▶ [Exercise] Only the lines from the one holding "(u0 u1 u2 u3 c y0 y1 y2 y3 : ℕ)" to the final line of the material below belong in the answer, transcribed exactly.

▶ [Data for analysis]
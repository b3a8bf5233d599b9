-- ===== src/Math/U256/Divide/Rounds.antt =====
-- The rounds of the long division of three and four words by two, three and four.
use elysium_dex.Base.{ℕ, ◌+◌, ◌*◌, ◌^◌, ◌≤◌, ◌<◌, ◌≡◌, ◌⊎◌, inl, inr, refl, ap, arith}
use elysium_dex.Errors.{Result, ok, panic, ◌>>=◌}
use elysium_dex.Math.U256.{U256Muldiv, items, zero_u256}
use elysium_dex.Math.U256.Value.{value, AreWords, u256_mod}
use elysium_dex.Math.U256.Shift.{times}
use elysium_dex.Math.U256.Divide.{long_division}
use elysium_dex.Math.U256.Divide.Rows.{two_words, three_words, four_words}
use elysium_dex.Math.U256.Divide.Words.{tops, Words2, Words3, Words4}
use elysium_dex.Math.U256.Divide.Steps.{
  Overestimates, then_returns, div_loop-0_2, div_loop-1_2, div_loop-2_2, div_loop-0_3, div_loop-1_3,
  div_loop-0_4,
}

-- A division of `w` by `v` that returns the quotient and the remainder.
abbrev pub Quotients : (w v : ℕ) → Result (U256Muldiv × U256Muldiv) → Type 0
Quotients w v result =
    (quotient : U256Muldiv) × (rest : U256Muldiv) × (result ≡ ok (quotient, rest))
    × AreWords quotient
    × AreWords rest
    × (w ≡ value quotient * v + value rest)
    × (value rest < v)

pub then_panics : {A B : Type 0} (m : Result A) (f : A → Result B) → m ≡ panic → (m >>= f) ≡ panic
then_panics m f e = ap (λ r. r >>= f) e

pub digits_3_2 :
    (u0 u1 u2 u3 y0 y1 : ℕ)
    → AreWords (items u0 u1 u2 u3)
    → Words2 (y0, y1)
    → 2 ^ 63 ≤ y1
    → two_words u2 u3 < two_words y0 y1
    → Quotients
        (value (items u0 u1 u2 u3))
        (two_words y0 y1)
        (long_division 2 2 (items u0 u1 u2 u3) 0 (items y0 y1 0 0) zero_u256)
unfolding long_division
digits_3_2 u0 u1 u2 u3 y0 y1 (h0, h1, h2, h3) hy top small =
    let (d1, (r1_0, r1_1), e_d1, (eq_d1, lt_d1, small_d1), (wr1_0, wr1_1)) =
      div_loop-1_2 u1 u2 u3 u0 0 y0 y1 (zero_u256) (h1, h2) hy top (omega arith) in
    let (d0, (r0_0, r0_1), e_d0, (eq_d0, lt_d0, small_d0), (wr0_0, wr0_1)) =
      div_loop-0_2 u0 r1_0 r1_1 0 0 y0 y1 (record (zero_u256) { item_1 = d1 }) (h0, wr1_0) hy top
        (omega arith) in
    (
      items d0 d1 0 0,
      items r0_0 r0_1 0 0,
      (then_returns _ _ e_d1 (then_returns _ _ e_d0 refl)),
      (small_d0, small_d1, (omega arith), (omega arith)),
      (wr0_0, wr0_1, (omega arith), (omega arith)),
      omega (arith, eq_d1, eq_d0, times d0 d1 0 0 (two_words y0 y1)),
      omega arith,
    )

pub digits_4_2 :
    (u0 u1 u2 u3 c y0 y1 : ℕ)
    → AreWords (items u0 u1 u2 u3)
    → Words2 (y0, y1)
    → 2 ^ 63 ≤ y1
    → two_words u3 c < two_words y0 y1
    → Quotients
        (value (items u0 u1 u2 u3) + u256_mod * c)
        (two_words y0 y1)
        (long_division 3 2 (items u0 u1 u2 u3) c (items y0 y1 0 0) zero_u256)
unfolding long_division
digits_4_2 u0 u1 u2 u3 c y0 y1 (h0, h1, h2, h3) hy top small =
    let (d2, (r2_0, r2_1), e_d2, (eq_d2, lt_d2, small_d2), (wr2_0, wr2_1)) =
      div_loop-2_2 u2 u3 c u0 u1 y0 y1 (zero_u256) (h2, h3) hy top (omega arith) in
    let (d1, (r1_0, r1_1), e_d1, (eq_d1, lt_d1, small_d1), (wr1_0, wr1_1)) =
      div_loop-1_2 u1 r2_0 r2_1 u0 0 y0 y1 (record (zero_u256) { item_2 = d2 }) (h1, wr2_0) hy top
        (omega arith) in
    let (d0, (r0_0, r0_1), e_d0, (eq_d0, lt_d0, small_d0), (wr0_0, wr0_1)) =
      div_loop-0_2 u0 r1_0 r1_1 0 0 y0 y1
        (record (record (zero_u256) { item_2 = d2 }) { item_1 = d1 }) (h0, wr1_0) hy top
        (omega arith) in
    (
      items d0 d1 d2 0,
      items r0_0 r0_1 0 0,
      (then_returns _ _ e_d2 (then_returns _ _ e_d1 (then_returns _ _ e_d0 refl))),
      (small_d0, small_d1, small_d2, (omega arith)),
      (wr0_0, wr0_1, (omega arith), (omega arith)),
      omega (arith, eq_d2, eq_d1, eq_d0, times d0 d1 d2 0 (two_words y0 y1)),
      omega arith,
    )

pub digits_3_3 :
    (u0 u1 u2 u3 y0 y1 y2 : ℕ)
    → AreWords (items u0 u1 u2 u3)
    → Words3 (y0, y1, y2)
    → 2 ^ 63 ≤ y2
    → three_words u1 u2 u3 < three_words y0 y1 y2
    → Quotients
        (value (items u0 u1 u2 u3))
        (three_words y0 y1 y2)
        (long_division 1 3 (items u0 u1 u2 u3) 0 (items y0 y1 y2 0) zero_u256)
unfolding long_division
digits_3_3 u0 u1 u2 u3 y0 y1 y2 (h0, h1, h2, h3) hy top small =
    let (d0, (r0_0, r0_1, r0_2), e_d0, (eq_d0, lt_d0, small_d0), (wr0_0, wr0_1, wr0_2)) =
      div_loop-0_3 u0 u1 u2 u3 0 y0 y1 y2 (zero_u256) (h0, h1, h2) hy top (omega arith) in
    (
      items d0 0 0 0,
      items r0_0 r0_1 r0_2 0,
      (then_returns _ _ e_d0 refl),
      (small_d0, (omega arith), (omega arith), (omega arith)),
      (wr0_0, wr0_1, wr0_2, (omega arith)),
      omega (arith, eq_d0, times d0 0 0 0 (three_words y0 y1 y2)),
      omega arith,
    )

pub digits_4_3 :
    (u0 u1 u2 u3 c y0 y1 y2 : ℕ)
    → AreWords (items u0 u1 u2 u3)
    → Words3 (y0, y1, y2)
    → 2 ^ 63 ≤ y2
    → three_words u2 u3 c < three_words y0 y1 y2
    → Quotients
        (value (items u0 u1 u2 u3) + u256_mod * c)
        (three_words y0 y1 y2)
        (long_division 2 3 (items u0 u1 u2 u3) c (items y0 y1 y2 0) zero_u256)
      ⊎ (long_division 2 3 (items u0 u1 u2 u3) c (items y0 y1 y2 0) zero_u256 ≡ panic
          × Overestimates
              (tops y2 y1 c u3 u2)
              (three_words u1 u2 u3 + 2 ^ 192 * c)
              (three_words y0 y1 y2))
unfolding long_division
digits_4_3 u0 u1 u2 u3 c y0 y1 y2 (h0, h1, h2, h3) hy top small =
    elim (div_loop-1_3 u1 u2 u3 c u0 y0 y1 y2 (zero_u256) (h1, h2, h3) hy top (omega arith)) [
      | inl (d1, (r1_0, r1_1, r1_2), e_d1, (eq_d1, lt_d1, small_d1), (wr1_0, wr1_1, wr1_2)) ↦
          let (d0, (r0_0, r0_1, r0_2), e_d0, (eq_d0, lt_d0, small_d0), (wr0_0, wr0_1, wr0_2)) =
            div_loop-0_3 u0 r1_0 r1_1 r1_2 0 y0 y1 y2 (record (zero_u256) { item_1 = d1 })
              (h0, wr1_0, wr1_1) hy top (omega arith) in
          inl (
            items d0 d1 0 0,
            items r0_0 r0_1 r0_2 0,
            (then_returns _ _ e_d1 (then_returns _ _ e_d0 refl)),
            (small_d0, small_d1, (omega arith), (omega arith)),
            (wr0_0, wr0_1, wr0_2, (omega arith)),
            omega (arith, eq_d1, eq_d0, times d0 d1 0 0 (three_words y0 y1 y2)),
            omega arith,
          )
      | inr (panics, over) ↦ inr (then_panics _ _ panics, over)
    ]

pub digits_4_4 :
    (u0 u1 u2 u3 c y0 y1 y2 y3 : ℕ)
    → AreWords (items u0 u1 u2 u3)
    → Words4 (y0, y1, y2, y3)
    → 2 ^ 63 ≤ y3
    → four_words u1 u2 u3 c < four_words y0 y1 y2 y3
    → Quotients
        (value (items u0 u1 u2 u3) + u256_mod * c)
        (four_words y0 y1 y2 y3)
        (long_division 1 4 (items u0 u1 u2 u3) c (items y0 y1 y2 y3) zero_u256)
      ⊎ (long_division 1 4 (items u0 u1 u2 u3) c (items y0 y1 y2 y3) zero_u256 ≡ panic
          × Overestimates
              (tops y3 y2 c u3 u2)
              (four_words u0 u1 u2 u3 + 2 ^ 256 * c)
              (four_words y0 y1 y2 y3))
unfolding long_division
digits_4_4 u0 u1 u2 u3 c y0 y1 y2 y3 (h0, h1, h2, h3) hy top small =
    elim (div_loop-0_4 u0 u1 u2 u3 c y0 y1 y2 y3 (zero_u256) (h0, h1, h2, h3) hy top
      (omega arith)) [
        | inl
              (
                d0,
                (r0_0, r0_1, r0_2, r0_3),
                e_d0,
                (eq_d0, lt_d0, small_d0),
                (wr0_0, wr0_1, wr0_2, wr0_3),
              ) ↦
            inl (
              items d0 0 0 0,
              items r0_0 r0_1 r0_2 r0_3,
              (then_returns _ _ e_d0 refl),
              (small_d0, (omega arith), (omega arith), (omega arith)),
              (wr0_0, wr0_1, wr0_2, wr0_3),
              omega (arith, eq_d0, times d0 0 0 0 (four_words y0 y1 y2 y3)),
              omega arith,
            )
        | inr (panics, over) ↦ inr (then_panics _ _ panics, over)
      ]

▶ [Result for this task]
    (u0 u1 u2 u3 c y0 y1 y2 y3 : ℕ)
    → AreWords (items u0 u1 u2 u3)
    → Words4 (y0, y1, y2, y3)
    → 2 ^ 63 ≤ y3
    → four_words u1 u2 u3 c < four_words y0 y1 y2 y3
    → Quotients
        (value (items u0 u1 u2 u3) + u256_mod * c)
        (four_words y0 y1 y2 y3)
        (long_division 1 4 (items u0 u1 u2 u3) c (items y0 y1 y2 y3) zero_u256)
      ⊎ (long_division 1 4 (items u0 u1 u2 u3) c (items y0 y1 y2 y3) zero_u256 ≡ panic
          × Overestimates
              (tops y3 y2 c u3 u2)
              (four_words u0 u1 u2 u3 + 2 ^ 256 * c)
              (four_words y0 y1 y2 y3))
unfolding long_division
digits_4_4 u0 u1 u2 u3 c y0 y1 y2 y3 (h0, h1, h2, h3) hy top small =
    elim (div_loop-0_4 u0 u1 u2 u3 c y0 y1 y2 y3 (zero_u256) (h0, h1, h2, h3) hy top
      (omega arith)) [
        | inl
              (
                d0,
                (r0_0, r0_1, r0_2, r0_3),
                e_d0,
                (eq_d0, lt_d0, small_d0),
                (wr0_0, wr0_1, wr0_2, wr0_3),
              ) ↦
            inl (
              items d0 0 0 0,
              items r0_0 r0_1 r0_2 r0_3,
              (then_returns _ _ e_d0 refl),
              (small_d0, (omega arith), (omega arith), (omega arith)),
              (wr0_0, wr0_1, wr0_2, wr0_3),
              omega (arith, eq_d0, times d0 0 0 0 (four_words y0 y1 y2 y3)),
              omega arith,
            )
        | inr (panics, over) ↦ inr (then_panics _ _ panics, over)
      ]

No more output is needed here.